EXERCISE REQUIREMENTS - From the data below, return each line in which the string "SessionFeatures" is found.

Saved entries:

=== Begin Enclosure ===

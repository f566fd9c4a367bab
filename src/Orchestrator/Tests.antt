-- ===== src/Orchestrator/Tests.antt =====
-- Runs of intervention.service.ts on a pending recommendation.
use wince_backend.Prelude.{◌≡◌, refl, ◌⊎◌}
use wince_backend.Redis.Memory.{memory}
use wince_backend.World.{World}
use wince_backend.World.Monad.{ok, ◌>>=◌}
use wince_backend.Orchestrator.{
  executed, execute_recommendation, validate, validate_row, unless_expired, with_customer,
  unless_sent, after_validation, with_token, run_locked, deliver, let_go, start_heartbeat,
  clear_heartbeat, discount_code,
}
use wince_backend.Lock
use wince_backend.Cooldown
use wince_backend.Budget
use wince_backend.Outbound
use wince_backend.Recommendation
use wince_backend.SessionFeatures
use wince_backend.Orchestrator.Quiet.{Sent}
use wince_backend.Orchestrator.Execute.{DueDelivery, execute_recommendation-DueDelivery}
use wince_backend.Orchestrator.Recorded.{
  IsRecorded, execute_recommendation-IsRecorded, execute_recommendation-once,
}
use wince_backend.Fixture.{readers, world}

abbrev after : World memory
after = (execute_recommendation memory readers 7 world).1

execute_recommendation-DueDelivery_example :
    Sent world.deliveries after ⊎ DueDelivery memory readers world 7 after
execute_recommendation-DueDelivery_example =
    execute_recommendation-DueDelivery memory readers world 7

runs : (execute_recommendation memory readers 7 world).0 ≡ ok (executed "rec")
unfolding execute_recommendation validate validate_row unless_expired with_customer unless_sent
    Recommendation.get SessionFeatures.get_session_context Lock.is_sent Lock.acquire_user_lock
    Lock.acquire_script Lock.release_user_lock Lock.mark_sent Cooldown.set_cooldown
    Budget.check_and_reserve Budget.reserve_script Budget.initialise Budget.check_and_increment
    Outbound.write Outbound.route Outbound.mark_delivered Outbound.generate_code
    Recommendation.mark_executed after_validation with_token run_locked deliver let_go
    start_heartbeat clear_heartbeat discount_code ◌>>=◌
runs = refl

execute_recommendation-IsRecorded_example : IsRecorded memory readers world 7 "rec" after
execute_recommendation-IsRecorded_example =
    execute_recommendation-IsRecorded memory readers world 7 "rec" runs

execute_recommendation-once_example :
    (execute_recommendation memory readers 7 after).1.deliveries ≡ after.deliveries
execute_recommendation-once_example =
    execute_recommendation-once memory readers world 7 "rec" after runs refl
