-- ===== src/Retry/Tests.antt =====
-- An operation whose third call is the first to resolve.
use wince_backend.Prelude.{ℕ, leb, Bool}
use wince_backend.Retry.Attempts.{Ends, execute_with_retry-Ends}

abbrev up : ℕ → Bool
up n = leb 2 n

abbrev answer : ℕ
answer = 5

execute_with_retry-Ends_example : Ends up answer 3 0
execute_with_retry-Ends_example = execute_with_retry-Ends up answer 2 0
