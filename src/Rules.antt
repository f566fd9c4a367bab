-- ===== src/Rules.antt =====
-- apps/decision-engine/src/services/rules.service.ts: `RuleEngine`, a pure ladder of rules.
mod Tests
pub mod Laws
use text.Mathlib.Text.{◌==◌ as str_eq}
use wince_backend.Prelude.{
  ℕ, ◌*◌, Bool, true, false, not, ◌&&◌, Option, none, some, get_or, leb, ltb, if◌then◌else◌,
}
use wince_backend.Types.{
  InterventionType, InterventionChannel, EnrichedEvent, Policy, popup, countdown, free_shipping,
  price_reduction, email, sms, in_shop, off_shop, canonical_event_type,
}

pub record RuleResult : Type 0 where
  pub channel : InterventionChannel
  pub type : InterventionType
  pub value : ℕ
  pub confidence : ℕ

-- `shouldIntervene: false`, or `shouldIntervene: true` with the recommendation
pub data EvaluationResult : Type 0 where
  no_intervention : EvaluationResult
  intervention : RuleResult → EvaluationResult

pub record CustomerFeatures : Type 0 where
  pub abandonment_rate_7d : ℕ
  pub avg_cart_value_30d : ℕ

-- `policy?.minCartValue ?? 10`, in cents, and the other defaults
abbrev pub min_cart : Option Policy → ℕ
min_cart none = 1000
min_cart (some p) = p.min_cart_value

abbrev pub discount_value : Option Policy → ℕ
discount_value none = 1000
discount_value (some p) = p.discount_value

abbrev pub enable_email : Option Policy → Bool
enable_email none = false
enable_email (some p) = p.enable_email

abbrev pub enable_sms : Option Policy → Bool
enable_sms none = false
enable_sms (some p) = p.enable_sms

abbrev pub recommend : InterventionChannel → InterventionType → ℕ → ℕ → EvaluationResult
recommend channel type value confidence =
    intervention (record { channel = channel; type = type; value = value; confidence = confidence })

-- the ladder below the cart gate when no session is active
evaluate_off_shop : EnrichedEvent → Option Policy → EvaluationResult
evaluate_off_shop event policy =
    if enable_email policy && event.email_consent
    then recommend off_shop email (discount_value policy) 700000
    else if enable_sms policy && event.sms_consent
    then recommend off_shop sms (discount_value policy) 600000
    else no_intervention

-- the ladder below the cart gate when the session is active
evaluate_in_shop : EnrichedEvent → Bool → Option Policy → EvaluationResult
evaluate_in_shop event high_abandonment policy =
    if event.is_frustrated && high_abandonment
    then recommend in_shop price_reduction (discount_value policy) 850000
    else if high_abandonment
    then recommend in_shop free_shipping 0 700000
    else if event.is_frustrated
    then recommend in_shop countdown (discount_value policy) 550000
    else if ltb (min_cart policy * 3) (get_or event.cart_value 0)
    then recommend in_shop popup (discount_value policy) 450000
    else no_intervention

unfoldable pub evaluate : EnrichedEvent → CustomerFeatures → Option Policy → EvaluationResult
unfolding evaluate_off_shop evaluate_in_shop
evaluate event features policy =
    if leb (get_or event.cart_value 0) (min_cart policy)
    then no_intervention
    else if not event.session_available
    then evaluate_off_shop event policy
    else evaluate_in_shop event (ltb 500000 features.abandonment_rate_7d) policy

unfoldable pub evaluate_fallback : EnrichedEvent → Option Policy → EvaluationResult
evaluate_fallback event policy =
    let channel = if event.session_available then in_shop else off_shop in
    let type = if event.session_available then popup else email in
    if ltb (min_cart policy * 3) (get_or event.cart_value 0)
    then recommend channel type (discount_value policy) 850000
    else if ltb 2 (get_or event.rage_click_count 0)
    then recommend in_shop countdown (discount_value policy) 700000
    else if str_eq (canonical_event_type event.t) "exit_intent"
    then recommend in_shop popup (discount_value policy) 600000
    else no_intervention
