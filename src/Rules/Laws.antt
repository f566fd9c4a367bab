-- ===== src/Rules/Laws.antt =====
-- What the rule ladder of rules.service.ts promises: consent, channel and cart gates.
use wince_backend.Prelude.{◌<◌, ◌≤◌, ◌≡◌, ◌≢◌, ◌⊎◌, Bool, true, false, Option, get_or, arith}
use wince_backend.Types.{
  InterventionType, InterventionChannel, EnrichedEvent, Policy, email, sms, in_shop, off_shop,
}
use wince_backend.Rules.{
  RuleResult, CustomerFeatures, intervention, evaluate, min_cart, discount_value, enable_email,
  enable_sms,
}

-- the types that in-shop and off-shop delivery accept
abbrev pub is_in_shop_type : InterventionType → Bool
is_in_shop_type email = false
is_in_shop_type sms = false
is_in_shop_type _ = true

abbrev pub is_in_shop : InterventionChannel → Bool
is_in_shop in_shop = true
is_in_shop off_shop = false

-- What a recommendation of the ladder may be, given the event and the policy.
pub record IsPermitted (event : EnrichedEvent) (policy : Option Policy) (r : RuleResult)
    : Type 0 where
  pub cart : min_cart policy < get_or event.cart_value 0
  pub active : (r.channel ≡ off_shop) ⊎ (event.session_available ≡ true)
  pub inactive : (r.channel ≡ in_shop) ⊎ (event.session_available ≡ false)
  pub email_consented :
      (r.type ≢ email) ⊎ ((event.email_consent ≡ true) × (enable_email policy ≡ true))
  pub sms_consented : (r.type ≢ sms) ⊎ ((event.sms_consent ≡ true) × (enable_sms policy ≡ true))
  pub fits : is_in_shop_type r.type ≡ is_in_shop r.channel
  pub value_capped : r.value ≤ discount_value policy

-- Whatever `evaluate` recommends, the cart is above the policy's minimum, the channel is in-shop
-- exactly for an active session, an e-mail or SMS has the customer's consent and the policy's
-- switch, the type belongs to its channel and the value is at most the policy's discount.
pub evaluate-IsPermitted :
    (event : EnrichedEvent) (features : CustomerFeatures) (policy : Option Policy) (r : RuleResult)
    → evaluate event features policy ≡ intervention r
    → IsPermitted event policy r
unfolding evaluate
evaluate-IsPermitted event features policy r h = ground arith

=== End Enclosure ===

EXERCISE ANSWER -
use wince_backend.SessionFeatures
    Recommendation.get SessionFeatures.get_session_context Lock.is_sent Lock.acquire_user_lock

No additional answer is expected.